Sicherheitsexperte: "Man kann jeden betrügen"
"Die Kriminellen suchen neue Wege, um an die Informationen zu kommen, die sie von den Leuten haben wollen", sagte Kaspersky. "Man kann jeden betrügen." So seien die Kunden einer Bank gebeten worden, ein Word-Dokument auszudrucken, ihre Kundendaten einzutragen und es an eine bestimmte FAX-Nummer zu schicken. In Japan hätten Hacker die Kundendatei einer Bank geknackt und CDs mit bösartiger Software an alle verschickt. "Es gibt eine Menge Möglichkeiten", sagte der Viren-Experte. "Obwohl hunderte von Internet-Kriminellen verhaftet wurden, hatten wir doppelt so viele Typen bösartiger Software. Das ist ein florierendes Geschäft."

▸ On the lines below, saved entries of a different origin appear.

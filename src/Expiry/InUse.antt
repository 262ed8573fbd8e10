-- ===== src/Expiry/InUse.antt =====
-- What expiry by age keeps of the catalog: entries in use and its well-formedness.
use gocachez.Prelude.{ℕ, ◌≡◌, true, ◌&&◌, some, [], ◌∷◌, find, arith}
use gocachez.Prelude.Int.{ℤ, ltb_ℤ, leb_ℤ}
use gocachez.Catalog.{Key, Catalog, EntryRow, OutputRow, has_action_id, has_id, has_output_id}
use gocachez.Catalog.Steps.{run, expire_entry, expire_output, stale_entry, stale_output, apply}
use gocachez.Catalog.WellFormed.{IsWellFormed}
use gocachez.Catalog.Invariant.{run-IsWellFormed}
use gocachez.Catalog.Found.{find-delete_where_kept}
use gocachez.Expiry.{Batch, prune_old_entries}
use gocachez.Expiry.Kept.{Harmless, KeptReaped, prune_old_entries-Kept}

-- The action has an entry and the entry an output, both accessed at the cutoff or later.
pub record IsUsed (cutoff : ℤ) (action : Key) (c : Catalog) : Type 0 where
  pub entry : EntryRow
  pub output : OutputRow
  pub its_entry : find (has_action_id action) c.entries ≡ some entry
  pub its_output : find (has_id entry.output) c.outputs ≡ some output
  pub entry_fresh : leb_ℤ cutoff entry.accessed_at ≡ true
  pub output_fresh : leb_ℤ cutoff output.accessed_at ≡ true

module _ (cutoff : ℤ) (action : Key) where
  after_expire_entry :
      (k : Key) (c : Catalog)
      → IsUsed cutoff action c
      → IsUsed cutoff action (expire_entry k cutoff c)
  unfolding expire_entry
  after_expire_entry k c u = record {
    entry = u.entry;
    output = u.output;
    its_entry =
        find-delete_where_kept (has_action_id action)
          (λ e. has_action_id k e && ltb_ℤ e.accessed_at cutoff) c.entries u.entry u.its_entry
          (ground (arith, u.entry_fresh));
    its_output = u.its_output;
    entry_fresh = u.entry_fresh;
    output_fresh = u.output_fresh;
  }

  after_expire_output :
      (k : Key) (c : Catalog)
      → IsUsed cutoff action c
      → IsUsed cutoff action (expire_output k cutoff c)
  unfolding expire_output
  after_expire_output k c u = record {
    entry = u.entry;
    output = u.output;
    its_entry = u.its_entry;
    its_output =
        find-delete_where_kept (has_id u.entry.output)
          (λ o. has_output_id k o && ltb_ℤ o.accessed_at cutoff) c.outputs u.output u.its_output
          (ground (arith, u.output_fresh));
    entry_fresh = u.entry_fresh;
    output_fresh = u.output_fresh;
  }

  -- Expiry never takes an action that is in use: where what other processes do meanwhile leaves the
  -- action with an entry and an output that are both accessed at the cutoff or later, the action has
  -- them after the pass, at whichever batch the pass stops and whatever failed.
  pub prune_old_entries-IsUsed :
      (entry_rounds output_rounds : ℕ → Batch) (fuel : ℕ) (c : Catalog)
      → Harmless (IsUsed cutoff action) entry_rounds
      → Harmless (IsUsed cutoff action) output_rounds
      → IsUsed cutoff action c
      → KeptReaped
          (IsUsed cutoff action)
          (prune_old_entries entry_rounds output_rounds cutoff fuel c)
  prune_old_entries-IsUsed es os fuel c he ho u =
      prune_old_entries-Kept (IsUsed cutoff action) cutoff after_expire_entry after_expire_output es
        os he ho fuel c u

-- Expiry keeps the catalog well-formed, whatever else runs between its batches and whatever fails.
pub prune_old_entries-IsWellFormed :
    (cutoff : ℤ) (entry_rounds output_rounds : ℕ → Batch) (fuel : ℕ) (c : Catalog)
    → IsWellFormed c
    → KeptReaped IsWellFormed (prune_old_entries entry_rounds output_rounds cutoff fuel c)
prune_old_entries-IsWellFormed cutoff es os fuel c w =
    prune_old_entries-Kept IsWellFormed cutoff
      (λ k d v. unfold run apply in run-IsWellFormed (stale_entry k cutoff ∷ []) v)
      (λ k d v. unfold run apply in run-IsWellFormed (stale_output k cutoff ∷ []) v) es os
      (others es) (others os) fuel c w
  where
    others : (rounds : ℕ → Batch) → Harmless IsWellFormed rounds
    others rounds n d v =
        (run-IsWellFormed (rounds n).before v, run-IsWellFormed (rounds n).between v)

Der Großteil der Angriffe komme aus China und spanisch- oder portugiesischsprachigen Ländern, aber auch aus der ehemaligen Sowjetunion und Osteuropa. Dabei komme den Kriminellen die Naivität vieler Internet-Nutzer zugute. "Manche Leute denken einfach, dass das Internet eine Art virtuelle Welt darstellt", sagte Kaspersky. "Aber aus dieser virtuellen Welt hat man Zugang zu Informationen aus der realen Welt wie etwa Kontozugangsdaten." Viele machten sich immer noch nicht ausreichend Gedanken über Sicherheitsfragen.